Let me offer some small excitement to you all: I just implemented a funny little feature in the E-UAE JIT engine. Now we can turn on dumping the compiled code to the console, together with the original Motorola 68k instruction that was compiled and the macroblocks that describe the intermediate translation form.

The purpose of this feature wasn’t (purely) the entertainment, but I was really fed up with the situation that the generated code cannot be debugged properly. Previously, I added a trap instruction (tw) into the translated code at some point, so I was able to have a look on the output from the Grim Reaper window (which was awesome, but let’s not mix it up with actual debugging).
Too bad that GDB is so limited: it cannot debug into any code segment that wasn’t loaded by DOS (like generated code). Not to mention how cumbersome the console interface is... (Or am I missing something? Enlight me please.)

I would like to thank Frank Wille the sources for the PowerPC disassembler that makes it possible to list the translated code.

How to turn on this feature: there are two settings that control the logging. These are:
  • comp_log – if it was set to “true” or “yes” then the JIT logging is turned on and dumped to the standard output.
  • comp_log_compiled – if it was set to “true” or “yes” then the compiled code is listed through the JIT logs.

Let’s see a small demonstration of this feature, shall we? (Not for the faint-hearted!)

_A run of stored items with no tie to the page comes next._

-- ===== src/Bus/Framing/Roundtrip.antt =====
-- What one side encodes, the other side reads.
use mathlib.Core.List.{append_assoc}
use pi_persona.Base.{
  ℕ, zero, suc, ◌+◌, ◌^◌, ◌≤◌, ◌<◌, ◌≡◌, refl, sym, ap, ◌∙◌, Bool, true, Option, some, List, [],
  ◌∷◌, ◌++◌, map, arith, length, length-append, take, drop, flatten, All,
}
use pi_persona.Bus.Framing.{
  Bytes, max_frame_bytes, write_uint32_be, read_uint32_be, frame, new_reader, encode_frame,
  deliver_object, drain, feed, feed_all,
}
use pi_persona.Bus.Framing.Rounds.{drain_taken}
use pi_persona.Bus.Framing.Stream.{feed_all-flatten}

-- The header holds every length below 2^32.
pub read-write_uint32_be :
    (n : ℕ) (rest : Bytes) → n < 2 ^ 32 → read_uint32_be (write_uint32_be n ++ rest) ≡ n
unfolding read_uint32_be write_uint32_be
read-write_uint32_be n rest h = omega arith

module _ {ℓ} {A : Type ℓ} where
  drop_exact : (n : ℕ) (xs ys : List A) → n ≡ length xs → drop n (xs ++ ys) ≡ ys
  drop_exact zero [] ys h = refl
  drop_exact zero (x ∷ xs) ys h = absurd (omega arith)
  drop_exact (suc n) [] ys h = absurd (omega arith)
  drop_exact (suc n) (x ∷ xs) ys h = drop_exact n xs ys (omega arith)

  take_exact : (n : ℕ) (xs ys : List A) → n ≡ length xs → take n (xs ++ ys) ≡ xs
  take_exact zero [] ys h = refl
  take_exact zero (x ∷ xs) ys h = absurd (omega arith)
  take_exact (suc n) [] ys h = absurd (omega arith)
  take_exact (suc n) (x ∷ xs) ys h = ap (◌∷◌ x) (take_exact n xs ys (omega arith))

length-write_uint32_be : (n : ℕ) → length (write_uint32_be n) ≡ 4
unfolding write_uint32_be
length-write_uint32_be n = refl

module _ {J : Type 0} (stringify : J → Bytes) (parse : Bytes → Option J) (on_frame : J → Bool) where
  -- A value that comes back from its text, fits a frame, and does not make the receiver throw.
  pub record IsCarried (x : J) : Type 0 where
    pub parsed : parse (stringify x) ≡ some x
    pub fits : length (stringify x) ≤ max_frame_bytes
    pub taken : on_frame x ≡ true

  length-encode_frame : (x : J) → length (encode_frame stringify x) ≡ 4 + length (stringify x)
  unfolding encode_frame
  length-encode_frame x = omega arith

  deliver_lem :
      (x : J) → IsCarried x → deliver_object parse on_frame (parse (stringify x)) ≡ (frame x, true)
  unfolding deliver_object
  deliver_lem x h = rw (h.parsed, h.taken)

  drain-encode_frame :
      (f : ℕ) (x : J) (rest : Bytes)
      → IsCarried x
      → drain parse on_frame (suc f) (encode_frame stringify x ++ rest)
        ≡ ((drain parse on_frame f rest).0, frame x ∷ (drain parse on_frame f rest).1)
  drain-encode_frame f x rest h =
      let text = stringify x in
      let head = write_uint32_be (length text) in
      let buf = encode_frame stringify x ++ rest in
      let split : buf ≡ head ++ (text ++ rest) =
        unfold encode_frame in append_assoc head text rest in
      let len : read_uint32_be buf ≡ length text =
        rw split (read-write_uint32_be (length text) (text ++ rest) (omega arith)) in
      let body' : take (read_uint32_be buf) (drop 4 buf) ≡ text =
        rw
          (
            len,
            split,
            drop_exact 4 head (text ++ rest) (sym (length-write_uint32_be (length text))),
          )
          (take_exact (length text) text rest refl) in
      let whole : length (encode_frame stringify x) ≡ 4 + length text = length-encode_frame x in
      let behind' : drop (4 + read_uint32_be buf) buf ≡ rest =
        rw len (drop_exact (4 + length text) (encode_frame stringify x) rest (sym whole)) in
      let given : deliver_object parse on_frame (parse text) ≡ (frame x, true) = deliver_lem x h in
      drain_taken parse on_frame f buf
        (rw len (omega (arith, length-append (encode_frame stringify x) rest))) (rw len h.fits)
        (rw (body', given))
      ∙ rw (body', behind', given)

  drain-encode_frames :
      (f : ℕ) (xs : List J)
      → All IsCarried xs
      → length (flatten (map (encode_frame stringify) xs)) < f
      → drain parse on_frame f (flatten (map (encode_frame stringify) xs))
        ≡ (new_reader, map frame xs)
  drain-encode_frames zero xs h k = absurd (omega arith)
  drain-encode_frames (suc f) [] h k = unfold drain in refl
  drain-encode_frames (suc f) (x ∷ xs) (h, hs) k =
      drain-encode_frame f x _ h
      ∙ rw (
          drain-encode_frames f xs hs (
            omega (
              arith,
              length-append (encode_frame stringify x) (flatten (map (encode_frame stringify) xs)),
              length-encode_frame x,
            )))

  feed-encode_frames :
      (xs : List J)
      → All IsCarried xs
      → feed parse on_frame new_reader (flatten (map (encode_frame stringify) xs))
        ≡ (new_reader, map frame xs)
  unfolding feed
  feed-encode_frames xs h = drain-encode_frames _ xs h (omega arith)

  -- Where each value has a JSON text of at most 16 MiB that parses back to it, and the receiver takes it
  -- without throwing: however a stream of such values, encoded, is cut into chunks, a new reader hands
  -- on exactly these values in their order, keeps no byte, and stays usable.
  pub feed_all-encode_frame :
      (xs : List J) (chunks : List Bytes)
      → All IsCarried xs
      → flatten chunks ≡ flatten (map (encode_frame stringify) xs)
      → feed_all parse on_frame new_reader chunks ≡ (new_reader, map frame xs)
  feed_all-encode_frame xs chunks h e =
      let whole : feed parse on_frame new_reader (flatten chunks) ≡ (new_reader, map frame xs) =
        rw e (feed-encode_frames xs h) in
      let agree = feed_all-flatten parse on_frame chunks in
      let going = agree.verdict ∙ ap (λ x. x.0.poisoned) whole in
      λ i. (
        record { buf = (agree.kept going ∙ ap (λ x. x.0.buf) whole) i; poisoned = going i },
        (agree.events ∙ ap (λ x. x.1) whole) i,
      )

The following list is the output from the very simple test code: iamalive.asm, slightly edited and formatted for educational purposes...
  1. M68k: ADD.L #$00000001,D1
    1. Mblk: load_memory_long
      Dism: lwz r15,64(r14)
      Mblk: load_memory_long
      Dism: lwz r3,68(r14)
      Mblk: rotate_and_copy_bits
      Dism: rlwimi r15,r3,16,26,26
    2. Mblk: load_memory_long
      Dism: lwz r3,4(r14)
    3. Mblk: load_register_long
      Dism: li r4,1
    4. Mblk: add_with_flags
      Dism: addco. r3,r3,r4
    5. Mblk: copy_nzcv_flags_to_register
      Dism: mcrxr cr2
      Dism: mfcr r15
      Mblk: rotate_and_copy_bits
      Dism: rlwimi r15,r15,16,26,26
  2. M68k: MOVE.W D1,(A0,$0180) == $00dff180
    1. Mblk: load_memory_long
      Dism: lwz r4,32(r14)
    2. Mblk: add_register_imm
      Dism: addi r5,r4,384
    3. Mblk: check_word_register
      Dism: extsh. r0,r3
      Mblk: copy_nz_flags_to_register
      Dism: mfcr r6
      Mblk: rotate_and_copy_bits
      Dism: rlwimi r15,r6,0,0,2
      Mblk: rotate_and_mask_bits
      Dism: rlwinm r15,r15,0,11,8
    4. Mblk: save_memory_long
      Dism: stw r3,4(r14)
    5. Mblk: save_memory_spec
      Dism: mr r4,r3
      Dism: mr r3,r5
      Dism: rlwinm r0,r3,18,14,29
      Dism: lis r5,27315
      Dism: ori r5,r5,23016
      Dism: lwzx r5,r5,r0
      Dism: lwz r5,16(r5)
      Dism: mtlr r5
      Dism: blrl
  3. M68k: BT.B #$fffffff8 == 0000001a (TRUE)
    1. Mblk: save_memory_long
      Dism: stw r15,64(r14)
      Mblk: save_memory_word
      Dism: sth r15,68(r14)
    2. Mblk: load_register_long
      Dism: lis r3,27606
      Dism: ori r3,r3,45096
      Mblk: save_memory_long
      Dism: stw r3,76(r14)
    3. Mblk: opcode_unsupported
      Dism: li r3,24824
      Dism: lis r4,27315
      Dism: ori r4,r4,21752
      Dism: bl 0x7f91acc0

  4. Done compiling
Colorful, isn't it? :)

Okay, let's try to understand what is going on.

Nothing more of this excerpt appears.